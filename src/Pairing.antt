-- ===== src/Pairing.antt =====
-- src/pairing: how a client node and a coordinator find and remember each other.
pub mod Types
pub mod Messages
pub mod Client
pub mod Coordinator
pub mod Handshake
pub mod Discovery
pub mod Encounter
mod Tests
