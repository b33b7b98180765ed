-- ===== src/Pairing/Client/Receive.antt =====
-- src/pairing/pairing_client.cpp: the messages of the pairing protocol.
pub mod Laws
use ungula_lib_net.Base.{
  ℕ, Bool, true, false, not, ◌&&◌, ◌||◌, List, ◌∷◌, ltb, leb, ◌==◌, if◌then◌else◌, length,
  memcmp_eq,
}
use ungula_lib_net.Comm.Types.{MacAddress}
use ungula_lib_net.Comm.Transport.{Transport}
use ungula_lib_net.Preferences.{Preferences}
use ungula_lib_net.Pairing.Types.{responding, paired, pairing_magic}
use ungula_lib_net.Pairing.Client.{PairingClient, is_scanning_state, is_responding_state}
use ungula_lib_net.Pairing.Messages.Beacon.{PairingBeacon}
use ungula_lib_net.Pairing.Messages.Beacon
use ungula_lib_net.Pairing.Messages.Request
use ungula_lib_net.Pairing.Messages.Confirm.{PairingConfirm}
use ungula_lib_net.Pairing.Messages.Confirm
use ungula_lib_net.Pairing.Client.Scan.{start_scanning}
use ungula_lib_net.Pairing.Client.Store.{store_pairing}

module _ {T P : Type 0} ⦃tr : Transport T⦄ ⦃pf : Preferences P⦄ where
  send_pairing_request : MacAddress → PairingClient T P → PairingClient T P
  send_pairing_request mac c = record c {
    transport =
        (tr.send mac (Request.encode (Request.init c.device_id))
          (tr.add_peer mac 0 c.transport).0).0;
  }

  unfoldable pub handle_beacon :
      MacAddress → PairingBeacon → ℕ → PairingClient T P → PairingClient T P
  unfolding send_pairing_request
  handle_beacon src beacon now c = send_pairing_request src (record c {
    coordinator_mac = src;
    paired_channel = beacon.channel;
    state = responding;
    pairing_start_ms = now;
  })

  unfoldable pub handle_confirm :
      MacAddress → PairingConfirm → PairingClient T P → PairingClient T P
  unfolding start_scanning store_pairing
  handle_confirm src confirm c =
      if confirm.accepted == 0
      then start_scanning c
      else (let c' = store_pairing (record c {
        coordinator_mac = src;
        paired_channel = confirm.channel;
        state = paired;
        transport = (tr.set_channel confirm.channel c.transport).0;
      }) in
          if c.on_paired_cb
          then record c' { paired_calls = (src, confirm.channel) ∷ c.paired_calls }
          else c')

  -- The message is `bytes`, and `len` its length.
  unfoldable pub handle_received :
      MacAddress → List ℕ → ℕ → PairingClient T P → PairingClient T P × Bool
  unfolding handle_beacon handle_confirm Beacon.parse Beacon.is_valid Confirm.parse Confirm.is_valid
  handle_received src bytes now c =
      let len = length bytes in
      if ltb len 4 || not (memcmp_eq 4 bytes pairing_magic)
      then (c, false)
      else if is_scanning_state c.state && leb 8 len && Beacon.is_valid (Beacon.parse bytes)
      then (handle_beacon src (Beacon.parse bytes) now c, true)
      else if is_responding_state c.state && leb 8 len && Confirm.is_valid (Confirm.parse bytes)
      then (handle_confirm src (Confirm.parse bytes) c, true)
      else (c, false)
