-- ===== src/Pairing/Client/Events.antt =====
-- The calls that a program makes of a pairing client, as events.
use ungula_lib_net.Base.{ℕ, ◌≡◌, Bool, false, List, [], ◌∷◌, Option}
use ungula_lib_net.Comm.Types.{MacAddress, is_zero}
use ungula_lib_net.Comm.Transport.{Transport}
use ungula_lib_net.Preferences.{Preferences}
use ungula_lib_net.Pairing.Client.{PairingClient, set_scan_channels, stop_scanning, on_paired}
use ungula_lib_net.Pairing.Client.Scan.{start_scanning, loop}
use ungula_lib_net.Pairing.Client.Store.{load_stored_pairing, set_paired_channel, clear_pairing}
use ungula_lib_net.Pairing.Client.Receive.{handle_received}

pub data Event : Type 0 where
  looped : ℕ → Event
  received : MacAddress → List ℕ → ℕ → Event
  scan_started scan_stopped pairing_loaded pairing_cleared : Event
  channels_set : Option (List ℕ) → ℕ → Event
  channel_set : ℕ → Event
  callback_set : Bool → Event

module _ {T P : Type 0} ⦃tr : Transport T⦄ ⦃pf : Preferences P⦄ where
  unfoldable pub step : PairingClient T P → Event → PairingClient T P
  step c (looped now) = loop now c
  step c (received src bytes now) = (handle_received src bytes now c).0
  step c scan_started = start_scanning c
  step c scan_stopped = stop_scanning c
  step c pairing_loaded = (load_stored_pairing c).0
  step c pairing_cleared = clear_pairing c
  step c (channels_set channels count) = set_scan_channels channels count c
  step c (channel_set channel) = set_paired_channel channel c
  step c (callback_set cb) = on_paired cb c

  unfoldable pub run : PairingClient T P → List Event → PairingClient T P
  unfolding step
  run c [] = c
  run c (e ∷ es) = run (step c e) es

-- No message comes from the address of zeros.
abbrev pub IsAllowed : Event → Type 0
IsAllowed (received src bytes now) = is_zero src ≡ false
IsAllowed _ = Unit {0}

abbrev pub IsAllowedAll : List Event → Type 0
IsAllowedAll [] = Unit {0}
IsAllowedAll (e ∷ es) = IsAllowed e × IsAllowedAll es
=====
WORK TO COMPLETE: The answer must be the line containing "run c [] = c" and every line after it through the last line of the records above, repeated exactly.

THE ANSWER:
  run c [] = c
  run c (e ∷ es) = run (step c e) es

-- No message comes from the address of zeros.
abbrev pub IsAllowed : Event → Type 0
IsAllowed (received src bytes now) = is_zero src ≡ false
IsAllowed _ = Unit {0}

abbrev pub IsAllowedAll : List Event → Type 0
IsAllowedAll [] = Unit {0}
IsAllowedAll (e ∷ es) = IsAllowed e × IsAllowedAll es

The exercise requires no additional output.